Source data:
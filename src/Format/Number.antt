-- ===== src/Format/Number.antt =====
-- printnum of jos/lib/printfmt.c and strtol of jos/lib/string.c.
use cs444_operating_systems.Base.{
  ℕ, zero, suc, ◌+◌, ◌-◌, ◌*◌, ◌/◌, ◌%◌, ◌^◌, ◌≤◌, ◌<◌, ◌≡◌, ◌≢◌, ◌⊎◌, inl, inr, refl, false, some,
  List, [], ◌∷◌, ◌++◌, length, arith, ◌∙◌, ap,
}
use mathlib.Core.Path.{subst, sym}
use native.Mathlib.Nat.{pow-zero, pow-suc, mod-lt, div-add-mod', div-lt_iff_lt-mul, mod-eq_of_lt}
use native.Mathlib.Decide.{dec_lt}
use cs444_operating_systems.Strings.Number.{
  skip_blanks, sign, prefix, dig, digits, number_at, strtol,
}
use cs444_operating_systems.Strings.Truncate.{IsString}
use cs444_operating_systems.Format.{digit, repeat, printnum}

dig-digit : (d : ℕ) → d < 16 → dig (digit d) ≡ some d
unfolding dig digit
dig-digit d lt = ground arith

-- The characters of the list lie at `s`.
abbrev At : (ℕ → ℕ) → ℕ → List ℕ → Type 0
At m s [] = Unit
At m s (x ∷ xs) = (m s ≡ x) × At m (s + 1) xs

At-string : (m : ℕ → ℕ) (s : ℕ) (xs : List ℕ) → IsString m s xs → At m s xs
At-string m s [] h = tt
At-string m s (x ∷ xs) (here, ne, h) = (here, At-string m (s + 1) xs h)

string-ends : (m : ℕ → ℕ) (s : ℕ) (xs : List ℕ) → IsString m s xs → m (s + length xs) ≡ 0
string-ends m s [] h = ground arith
string-ends m s (x ∷ xs) (here, ne, h) = ground (arith, string-ends m (s + 1) xs h)

At-snoc :
    (m : ℕ → ℕ) (s c : ℕ) (xs : List ℕ)
    → At m s (xs ++ c ∷ [])
    → At m s xs × (m (s + length xs) ≡ c)
At-snoc m s c [] h = (tt, ground (arith, h.0))
At-snoc m s c (x ∷ xs) (here, rest) =
    let r = At-snoc m (s + 1) c xs rest in ((here, r.0), ground (arith, r.1))

length-snoc : (c : ℕ) (xs : List ℕ) → length (xs ++ c ∷ []) ≡ length xs + 1
length-snoc c [] = refl
length-snoc c (x ∷ xs) = ground (arith, length-snoc c xs)

-- One more digit.
digits-next :
    (fuel s base val d : ℕ) (m : ℕ → ℕ)
    → m s ≡ digit d
    → d < base
    → base ≤ 16
    → val * base + d < 2 ^ 32
    → digits (suc fuel) s base val m ≡ digits fuel (s + 1) base (val * base + d) m
unfolding digits
digits-next fuel s base val d m here lt small fits = ground (arith, here, dig-digit d (omega arith))

digits_end :
    (fuel s base val : ℕ) (m : ℕ → ℕ) → m s ≡ 0 → digits (suc fuel) s base val m ≡ some (val, s)
unfolding digits dig
digits_end fuel s base val m here = ground (arith, here)

repeat_none : (width padc : ℕ) → width ≤ 1 → repeat (width - 1) padc ≡ []
unfolding repeat
repeat_none width padc h = ground arith

printnum_more :
    (k num base width padc : ℕ)
    → base ≤ num
    → printnum (suc k) num base width padc
      ≡ printnum k (num / base) base (width - 1) padc ++ digit (num % base) ∷ []
unfolding printnum
printnum_more k num base width padc h = ground arith

printnum_last :
    (k num base width padc : ℕ)
    → num < base
    → width ≤ 1
    → printnum (suc k) num base width padc ≡ digit (num % base) ∷ []
unfolding printnum
printnum_last k num base width padc h narrow = ground (arith, repeat_none width padc narrow)

-- What `digits` makes of a text at `s` that reads as `num`.
abbrev Reads : (ℕ → ℕ) → (s base num : ℕ) → List ℕ → Type 0
Reads m s base num xs =
    At m s xs
    → (fuel : ℕ) → digits (length xs + fuel) s base 0 m ≡ digits fuel (s + length xs) base num m

Reads-snoc :
    (m : ℕ → ℕ) (s base val d : ℕ) (xs : List ℕ)
    → d < base
    → base ≤ 16
    → val * base + d < 2 ^ 32
    → Reads m s base val xs
    → Reads m s base (val * base + d) (xs ++ digit d ∷ [])
Reads-snoc m s base val d xs lt hi fits r h fuel =
    let (before, at) = At-snoc m s (digit d) xs h in
    rw (length-snoc (digit d) xs) (
      ap (λ n. digits n s base 0 m) (omega arith)
      ∙ r before (suc fuel)
      ∙ digits-next fuel (s + length xs) base val d m at lt hi fits
      ∙ ap (λ n. digits fuel n base (val * base + d) m) (omega arith))

-- The text is the printed number, of at most `k` digits.
printnum-Reads :
    (k num base width padc s : ℕ) (m : ℕ → ℕ)
    → 1 < base
    → base ≤ 16
    → width ≤ 1
    → num < base ^ k
    → num < 2 ^ 32
    → Reads m s base num (printnum k num base width padc)
unfolding printnum
printnum-Reads zero num base width padc s m lo hi narrow lt fits =
    λ h fuel. ground (arith, lt, pow-zero base)
printnum-Reads (suc k) num base width padc s m lo hi narrow lt fits = elim (dec_lt num base) [
  | yes last ↦
      let one = Reads-snoc m s base 0 num [] last hi (omega arith) (λ _ fuel. ground arith) in
      subst (Reads m s base num) (sym (printnum_last k num base width padc last narrow)) (
        subst (λ n. Reads m s base num (digit n ∷ [])) (sym (mod-eq_of_lt last))
          (subst (λ n. Reads m s base n (digit num ∷ [])) (omega arith) one))
  | no more ↦
      let low : num % base < base = mod-lt num (omega arith) in
      let high : num / base < base ^ k =
        (div-lt_iff_lt-mul {k = base} (omega arith)).1 (subst (λ n. num < n) (pow-suc base k) lt) in
      let whole = div-add-mod' num base in
      let rec =
        printnum-Reads k (num / base) base (width - 1) padc s m lo hi (omega arith) high
          (omega (arith, whole)) in
      subst (Reads m s base num) (sym (printnum_more k num base width padc (omega arith))) (
        subst
          (λ n.
            Reads m s base n
              (printnum k (num / base) base (width - 1) padc ++ digit (num % base) ∷ []))
          whole (Reads-snoc m s base (num / base) (num % base) _ low hi (omega (arith, whole)) rec))
]

-- The characters of digits.
abbrev AllDigits : List ℕ → Type 0
AllDigits [] = Unit
AllDigits (x ∷ xs) = ((d : ℕ) × (d < 16) × (x ≡ digit d)) × AllDigits xs

AllDigits-snoc : (d : ℕ) (xs : List ℕ) → d < 16 → AllDigits xs → AllDigits (xs ++ digit d ∷ [])
AllDigits-snoc d [] lt h = ((d, lt, refl), tt)
AllDigits-snoc d (x ∷ xs) lt (first, h) = (first, AllDigits-snoc d xs lt h)

printnum-AllDigits :
    (k num base width padc : ℕ)
    → 1 < base
    → base ≤ 16
    → width ≤ 1
    → AllDigits (printnum k num base width padc)
unfolding printnum
printnum-AllDigits zero num base width padc lo hi narrow = tt
printnum-AllDigits (suc k) num base width padc lo hi narrow =
    let low : num % base < 16 = omega (arith, mod-lt num {m = base} (omega arith)) in
    elim (dec_lt num base) [
      | yes last ↦
          subst AllDigits (sym (printnum_last k num base width padc last narrow))
            ((num % base, low, refl), tt)
      | no more ↦ subst AllDigits (sym (printnum_more k num base width padc (omega arith))) (
          AllDigits-snoc (num % base) _ low
            (printnum-AllDigits k (num / base) base (width - 1) padc lo hi (omega arith)))
    ]

-- A digit or the end of the string.
abbrev IsNumeral : ℕ → Type 0
IsNumeral c = (c ≡ 0) ⊎ ((d : ℕ) × (d < 16) × (c ≡ digit d))

first-IsNumeral :
    (m : ℕ → ℕ) (s : ℕ) (xs : List ℕ) → IsString m s xs → AllDigits xs → IsNumeral (m s)
first-IsNumeral m s [] h all = inl h
first-IsNumeral m s (x ∷ xs) (here, ne, h) ((d, lt, e), all) = inr (d, lt, here ∙ e)

IsNumeral-plain : (c : ℕ) → IsNumeral c → (c ≢ 32) × (c ≢ 9) × (c ≢ 43) × (c ≢ 45) × (c ≢ 120)
unfolding digit
IsNumeral-plain c (inl e) =
    (λ h. omega arith, λ h. omega arith, λ h. omega arith, λ h. omega arith, λ h. omega arith)
IsNumeral-plain c (inr (d, lt, e)) =
    (λ h. ground arith, λ h. ground arith, λ h. ground arith, λ h. ground arith, λ h. ground arith)

second :
    (m : ℕ → ℕ) (s : ℕ) (xs : List ℕ)
    → IsString m s xs
    → AllDigits xs
    → ¬ ((m s ≡ 48) × (m (s + 1) ≡ 120))
second m s [] h all (zero_digit, x_letter) = omega arith
second m s (x ∷ xs) (here, ne, h) (first, all) (zero_digit, x_letter) =
    (IsNumeral-plain (m (s + 1)) (first-IsNumeral m (s + 1) xs h all)).4 x_letter

prefix_none :
    (m : ℕ → ℕ) (s base : ℕ)
    → base ≢ 0
    → ¬ ((m s ≡ 48) × (m (s + 1) ≡ 120))
    → prefix s base m ≡ (s, base)
unfolding prefix
prefix_none m s base ne out = ground arith

pub skip_first :
    (fuel s : ℕ) (m : ℕ → ℕ) → 0 < fuel → m s ≢ 32 → m s ≢ 9 → skip_blanks fuel s m ≡ some s
unfolding skip_blanks
skip_first zero s m pos blank tab = absurd (omega arith)
skip_first (suc fuel) s m pos blank tab = ground arith

sign_none : (s : ℕ) (m : ℕ → ℕ) → m s ≢ 43 → m s ≢ 45 → sign s m ≡ (s, false)
unfolding sign
sign_none s m plus minus = ground arith

number_at-digits :
    (fuel s base val ends : ℕ) (m : ℕ → ℕ)
    → sign s m ≡ (s, false)
    → prefix s base m ≡ (s, base)
    → digits fuel s base 0 m ≡ some (val, ends)
    → number_at fuel s base m ≡ some (val, ends)
unfolding number_at
number_at-digits fuel s base val ends m e1 e2 e3 = ground (arith, e1, e2, e3)

pub strtol_lem :
    (fuel s s1 base : ℕ) (m : ℕ → ℕ)
    → skip_blanks fuel s m ≡ some s1
    → strtol fuel s base m ≡ number_at fuel s1 base m
unfolding strtol
strtol_lem fuel s s1 base m e = ground (arith, e)

-- The digits of a printed number at `s`.
pub digits-printed :
    (k num base width padc fuel s : ℕ) (m : ℕ → ℕ)
    → 1 < base
    → base ≤ 16
    → width ≤ 1
    → num < base ^ k
    → num < 2 ^ 32
    → let xs = printnum k num base width padc in
      IsString m s xs → digits (length xs + suc fuel) s base 0 m ≡ some (num, s + length xs)
digits-printed k num base width padc fuel s m lo hi narrow lt fits h =
    let xs = printnum k num base width padc in
    printnum-Reads k num base width padc s m lo hi narrow lt fits (At-string m s xs h) (suc fuel)
    ∙ digits_end fuel (s + length xs) base num m (string-ends m s xs h)

-- No blank, sign or prefix is in front of it.
pub printed-plain :
    (k num base width padc s : ℕ) (m : ℕ → ℕ)
    → 1 < base
    → base ≤ 16
    → width ≤ 1
    → IsString m s (printnum k num base width padc)
    → (m s ≢ 32) × (m s ≢ 9) × (sign s m ≡ (s, false)) × (prefix s base m ≡ (s, base))
printed-plain k num base width padc s m lo hi narrow h =
    let xs = printnum k num base width padc in
    let all = printnum-AllDigits k num base width padc lo hi narrow in
    let plain = IsNumeral-plain (m s) (first-IsNumeral m s xs h all) in
    (
      plain.0,
      plain.1,
      sign_none s m plain.2 plain.3,
      prefix_none m s base (λ e. omega arith) (second m s xs h all),
    )

-- A number that printnum has printed in base 2 to 16 without padding, and that strtol reads from
-- memory in the same base, is the same number again, and all of the text is read. The hypotheses: the
-- number has at most `k` digits and is below 2 ^ 31, and the fuel is more than the length of the text.
pub strtol-printnum :
    (k num base width padc fuel s : ℕ) (m : ℕ → ℕ)
    → 1 < base
    → base ≤ 16
    → width ≤ 1
    → num < base ^ k
    → num < 2 ^ 31
    → let xs = printnum k num base width padc in
      IsString m s xs → strtol (length xs + suc fuel) s base m ≡ some (num, s + length xs)
strtol-printnum k num base width padc fuel s m lo hi narrow lt fits h =
    let n = length (printnum k num base width padc) in
    let (blank, tab, no_sign, no_prefix) = printed-plain k num base width padc s m lo hi narrow h in
    strtol_lem (n + suc fuel) s s base m (skip_first (n + suc fuel) s m (omega arith) blank tab)
    ∙ number_at-digits (n + suc fuel) s base num (s + n) m no_sign no_prefix
        (digits-printed k num base width padc fuel s m lo hi narrow lt (omega arith) h)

**EXERCISE GOAL**
Take every line from the data that contains the word "Format".

**RESPONSE TO THIS TASK**
filename src/Format/Number.antt
-- ===== src/Format/Number.antt =====
use cs444_operating_systems.Format.{digit, repeat, printnum}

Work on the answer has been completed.